All this glorious stuff about changing the international tax rules. Hmm, so, as Alex Cobham says:
Where once these corporations were a more efficient form for international economic activity, now much of their advantages stem from being able to pay lower tax than domestic competitors.
OK, so, having to pay corporate tax makes a corporation less efficient. This must be true otherwise those who do not pay would not have an advantage over those who do.
Campaigners including my organisation, the Tax Justice Network, are proposing a minimum effective tax rate (METR). This would take the same undertaxed profit currently shifted into low/no-tax jurisdictions, but apportion it simply to the places where the multinationals’ real economic activity – such as sales and employment – takes place, with no bias towards headquarters countries. In the METR system, those profits are taxed at the prevailing statutory rate in the country they’ve been apportioned to – which can be significantly higher than 15%. This would deliver additional revenues overall, and the distribution would be much fairer globally.

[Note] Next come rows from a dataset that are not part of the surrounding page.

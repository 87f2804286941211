-- ===== src/Util/Uid.antt =====
-- util/uid.go: random strings. A draw `src.Int63()` is a number below 2 ^ 63, given as an argument;
-- `cache & idxMask` is `cache % 64` and `cache >>= idxBits` is `cache / 64`.
pub mod Ids
pub mod Letters
use ae_ro_go.Base.{
  ℕ, zero, suc, ◌+◌, ◌-◌, ◌*◌, ◌/◌, ◌%◌, ◌≤◌, ◌<◌, ◌≡◌, refl, sym, ap, ◌∙◌, ◌⊎◌, Bool, true, false,
  ◌||◌, List, [], ◌∷◌, ◌++◌, append_assoc, Option, none, some, Bytes, codes, All, All-append,
  length, length-append, replicate, length-replicate, drop, get_or, set, length-set, drop-set,
  get_or-All, drop_all, append-nil, ltb, leb, ◌==◌, if◌then◌else◌, Bool-cases, inl, inr, arith,
}

abbrev pub letter_bytes : Bytes
letter_bytes = codes "abcdefghijklmnopqrstuvwxyzABCDEFGHIJKLMNOPQRSTUVWXYZ"

abbrev pub base62 : Bytes
base62 = codes "0123456789abcdefghijklmnopqrstuvwxyzABCDEFGHIJKLMNOPQRSTUVWXYZ"

abbrev pub idx_max : ℕ
idx_max = 10

-- `base62[idx]` and `letterBytes[idx]`; an index out of range, which would panic, reads as 0.
abbrev pub at : Bytes → ℕ → ℕ
at table idx = get_or table idx 0

-- The index that is used when no retry is left.
unfoldable pub folded : ℕ → ℕ → ℕ
folded idx i = if leb 62 idx then (idx + (idx - 61) * i) % 62 else idx

-- The loop of `RandStr8Base62`, at `i = n - 1`; `remain` is the number of retries left.
unfoldable pub rand_str8_loop : ℕ → ℕ → ℕ → Bytes → Bytes
rand_str8_loop zero remain cache buf8 = buf8
rand_str8_loop (suc i) zero cache buf8 =
    rand_str8_loop i zero (cache / 64) (set buf8 i (at base62 (folded (cache % 64) i)))
rand_str8_loop (suc i) (suc remain) cache buf8 =
    let retry = rand_str8_loop (suc i) remain (cache / 64) buf8 in
    let next = rand_str8_loop i (suc remain) (cache / 64) (set buf8 i (at base62 (cache % 64))) in
    if leb 62 (cache % 64) then retry else next

-- `RandStr8Base62`: the draw, and what the shared buffer `buf8` held before; it returns the buffer.
unfoldable pub rand_str8 : ℕ → Bytes → Bytes
rand_str8 int63 buf8 = rand_str8_loop 8 2 int63 buf8

-- The loop of `RandStr`, at `i = n - 1`, on a stream of draws of which `k` are used; `none` when the
-- fuel runs out.
unfoldable pub rand_str_loop : (ℕ → ℕ) → ℕ → ℕ → ℕ → ℕ → ℕ → Bytes → Option Bytes
rand_str_loop src fuel zero cache remain k b = some b
rand_str_loop src zero (suc i) cache remain k b = none
rand_str_loop src (suc fuel) (suc i) cache remain k b =
    let drawn = remain == 0 in
    let cache' = if drawn then src k else cache in
    let remain' = if drawn then idx_max else remain in
    let k' = if drawn then k + 1 else k in
    let idx = cache' % 64 in
    let put =
      rand_str_loop src fuel i (cache' / 64) (remain' - 1) k' (set b i (at letter_bytes idx)) in
    let skip = rand_str_loop src fuel (suc i) (cache' / 64) (remain' - 1) k' b in
    if ltb idx 52 then put else skip

-- `RandStr(n)`
unfoldable pub rand_str : (ℕ → ℕ) → ℕ → ℕ → Option Bytes
rand_str src fuel n = rand_str_loop src fuel n (src 0) idx_max 1 (replicate n 0)

abbrev pub IsLetter : ℕ → Type 0
IsLetter c = ((b'a' ≤ c) × (c ≤ b'z')) ⊎ ((b'A' ≤ c) × (c ≤ b'Z'))

abbrev pub IsAlnum : ℕ → Type 0
IsAlnum c = ((b'0' ≤ c) × (c ≤ b'9')) ⊎ IsLetter c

With a 15% rate, our proposal would raise around $460bn, versus $275bn in the OECD approach.
So, why do we want to hamstring the efficiency of corporations by that extra $185 billion? Or by the $460 billion, the $275 billion or even by applying corporate taxation at all?
Why are we supposed to praise making the world poorer by making producers less efficient?
Why not instead raise our necessary tax revenues from things that do less damage? They did award a Nobel for optimal tax theory after all – could be useful to follow the precepts, and taxing the normal profits of corporations isn’t a part of it.